December 13, 2017
Nearly two years after visiting the scene of the car accident that killed their mother, only to find her bloody severed hand lying in plain sight on the side of a South Jersey roadway, her two adult children remain traumatized by the experience, according to a lawsuit filed Tuesday.
The civil suit, filed by Brittany Pfost-Esposito and Justin Pfost, as well as the victim's husband, Donald Pfost, contends the family was traumatized by the “carelessness, recklessness and negligence” of Dr. Gerald Feigin, head of the regional medical examiner's office, as well as his scene investigator, Patrick Daley, and others.
Susan Pfost, 56, died on Dec. 14, 2015 from injuries sustained when her Saturn went off Winslow Road in Winslow Township, Camden County, clipped a pole and overturned shortly before 2 p.m. that Monday. The Monroe Township woman's left hand was severed in the accident.
Two days after the crash, her two children visited the scene to place a roadside memorial. There, at the base of a utility pole, they found their mother's bloodied hand, severed above the knuckles, rings still in place. It had been overlooked by emergency workers and an investigator with the medical examiner’s office.
The hand was neglected by authorities despite the fact that it was plainly visible; it clearly shows in seven scene pictures taken by a Winslow police employee, according to the lawsuit filed Tuesday in Gloucester County by attorney Theresa Grabowski of Voorhees.
The afternoon of the accident, Daley, a scene investigator with the regional medical office for Gloucester, Salem and Camden counties led by Feigin, “retrieved Susan Pfost’s body – with the exception of the majority of her left hand,” the lawsuit claims.
Daley’s scene report mentions no injuries and completely overlooks her severed hand.
Feigin performed an autopsy the morning after the accident at his facility in Gloucester County. His examination found multiple fractured ribs, contusions, left arm fractures, and the amputation of all the fingers on her left hand, except the thumb.
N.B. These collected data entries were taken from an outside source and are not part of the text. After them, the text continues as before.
-- ===== src/Transfers.antt =====
-- app/services/transfers.py: money movement. Its log line is in Logged.
pub mod Asked
pub mod Calm
pub mod Lands
pub mod Locks
pub mod Logged
pub mod Moves
pub mod Refines
pub mod Retry
pub mod Sorted
pub mod Succeeds
pub mod Waits
use chekin_interview.Base.{
  ℕ, String, false, Option, none, some, List, [], ◌∷◌, ◌++◌, leb, ◌==◌, if◌then◌else◌,
}
use chekin_interview.Base.Int.{ℤ, pos, ◌+ℤ◌, ◌-ℤ◌, ltb_ℤ}
use chekin_interview.Json.{str, end, field}
use chekin_interview.Errors.{
  Exn, ledger, other_exception, account_not_found, insufficient_funds, same_account_transfer,
}
use chekin_interview.Models.{Account, IdempotencyKey, Write, add_entry, set_balance, set_response}
use chekin_interview.Schemas.{Codec, TransferRequest, dump_transfer_request, dump_transfer_response}
use chekin_interview.Schemas.Money.{money_text}
use chekin_interview.Database.{Engine}
use chekin_interview.Database.Exec.{Exec, pure, throw, always, ◌>>=◌, ◌>>◌}
use chekin_interview.Idempotency.{Outcome, execute_once}

abbrev pub operation : String
operation = "create_transfer"

-- `sorted` on ids.
unfoldable pub insert_sorted : ℕ → List ℕ → List ℕ
insert_sorted x [] = x ∷ []
insert_sorted x (y ∷ ys) = if leb x y then x ∷ y ∷ ys else y ∷ insert_sorted x ys

unfoldable pub sorted : List ℕ → List ℕ
unfolding insert_sorted
sorted [] = []
sorted (x ∷ xs) = insert_sorted x (sorted xs)

abbrev pub same_account : Exn
same_account = ledger (record {
  kind = same_account_transfer;
  message = "Cannot transfer to the same account.";
  details = end;
})

abbrev pub not_found : Codec → ℕ → Exn
not_found c account_id = ledger (record {
  kind = account_not_found;
  message = "Account does not exist.";
  details = field "account_id" (str (c.uuid_text account_id)) end;
})

abbrev pub short_of_funds : Codec → Account → ℤ → Exn
short_of_funds c source requested = ledger (record {
  kind = insufficient_funds;
  message = "Source account has insufficient funds.";
  details = field "account_id" (str (c.uuid_text source.id)) (
      field "balance" (str (money_text source.balance))
        (field "requested" (str (money_text requested)) end));
})

-- `accounts[account_id]`, which raises a KeyError for a missing id.
unfoldable pub get_item : ℕ → List (ℕ × Account) → Option Account
get_item i [] = none
get_item i ((j, a) ∷ rest) = if j == i then some a else get_item i rest

-- The row changes of one transfer: two balances and two signed entries.
unfoldable pub legs : ℕ → ℕ → ℕ → Account → Account → ℤ → List Write
legs debit_id credit_id transfer_id source destination amount =
    set_balance source.id (source.balance -ℤ amount)
    ∷ set_balance destination.id (destination.balance +ℤ amount)
    ∷ add_entry (record {
      id = debit_id;
      transfer_id = transfer_id;
      account_id = source.id;
      amount = pos 0 -ℤ amount;
      created_at = 0;
    })
    ∷ add_entry (record {
      id = credit_id;
      transfer_id = transfer_id;
      account_id = destination.id;
      amount = amount;
      created_at = 0;
    })
    ∷ []

module _ (e : Engine) (c : Codec) where
  open e use {Session, lock_account, flush, now, uuid4}

  unfoldable pub or_not_found : ℕ → Option Account → Exec Session Account
  or_not_found i none = throw (not_found c i)
  or_not_found i (some a) = pure a

  -- The loop of `_lock_accounts`: one FOR UPDATE statement for each id, in order.
  unfoldable pub lock_each : List ℕ → Exec Session (List (ℕ × Account))
  unfolding or_not_found
  lock_each [] = pure []
  lock_each (i ∷ rest) = do
    found ← lock_account i
    account ← or_not_found i found
    others ← lock_each rest
    pure ((i, account) ∷ others)

  -- `_lock_accounts`
  unfoldable pub lock_accounts : List ℕ → Exec Session (List (ℕ × Account))
  unfolding sorted
  lock_accounts account_ids = lock_each (sorted account_ids)

  unfoldable pub or_key_error : Option Account → Exec Session Account
  or_key_error none = throw (other_exception "KeyError")
  or_key_error (some a) = pure a

  -- The part of `_move_money` after the accounts are found: the check of funds, the two balances,
  -- the two entries and the response, which the last flush writes together.
  unfoldable pub move_between :
      IdempotencyKey → TransferRequest → Account → Account → Exec Session Outcome
  unfolding legs
  move_between claim req source destination =
      if ltb_ℤ source.balance req.amount then throw (short_of_funds c source req.amount) else do
        transfer_id ← always uuid4
        created_at ← now
        let body = dump_transfer_response c (record {
          transfer_id = transfer_id;
          from_account_id = source.id;
          to_account_id = destination.id;
          amount = req.amount;
          created_at = created_at;
        })
        debit_id ← always uuid4
        credit_id ← always uuid4
        flush (
            legs debit_id credit_id transfer_id source destination req.amount
            ++ set_response claim.key transfer_id 201 (c.jsonb body) ∷ [])
        pure (record { status_code = 201; body = body; replayed = false })

  -- `_move_money`
  unfoldable pub move_money : IdempotencyKey → TransferRequest → Exec Session Outcome
  unfolding move_between
  move_money claim req = do
    accounts ← lock_accounts (req.from_account_id ∷ req.to_account_id ∷ [])
    source ← or_key_error (get_item req.from_account_id accounts)
    destination ← or_key_error (get_item req.to_account_id accounts)
    move_between claim req source destination

  -- `execute_transfer`
  unfoldable pub execute_transfer : String → TransferRequest → Exec Session Outcome
  execute_transfer idempotency_key req =
      if req.from_account_id == req.to_account_id
      then throw same_account
      else execute_once e c idempotency_key operation (dump_transfer_request c req)
          (λ claim. move_money claim req)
The autopsy report, however, makes no mention of Pfost’s missing fingers, nor that they were not recovered from the scene. And it fails to mention any need to recover the severed digits.
Likewise, Feigin neither documented the injury with pictures, nor did he take “steps to address the missing hand,” according to the lawsuit.
Donald Pfost first learned a day after the accident that his wife’s hand had been severed. But that revelation was heard from a funeral director, not from the medical examiner’s office or from Winslow Township.
The lawsuit contends no one from Winslow Township searched for the missing hand, though the police department told Donald Pfost they believed his wife’s hand remained in the vehicle.
Feigen and his office’s handling of Pfost’s severed hand came up recently in another case – the trial of David “DJ” Creato, a South Jersey man who was charged with murder in the death of his three-year-old son.
Feigin, whose flustered performance on the stand – he had part of the wrong report in his hands during cross-examination – prompted the Camden County Prosecutor’s Office to immediately float Creato a plea deal of just 20 years in prison, rather than the 30 years initially offered, according to defense lawyer Richard J. Fuschino Jr.
After a mistrial, Creato eventually accepted a plea deal of just 10 years on downgraded charges.
Feigin’s past performance in two cases in Massachusetts, including the notorious Boston Nanny case, have in the past led judges to free one defendant and downgrade the charges for another.
Feigin relocated to New Jersey in 1998 in the aftermath of those two cases.
During cross-examination in the Creato case, Feigin blamed “miscommunication” for his office’s failure to collect Susan Pfost’s hand.
Feigin and Daley did not respond to a request for comment left with their office on Tuesday. Debra Sellitto, a spokeswoman for Gloucester County, declined comment due to the pending litigation.
The police chief and the administrator for Winslow Township also did not respond to requests for comment.
Grabowski said the initial handling of the missing hand was compounded by no one taking responsibility or making amends to the Pfost family.
“The defendants have compelled it to come to this,” she said.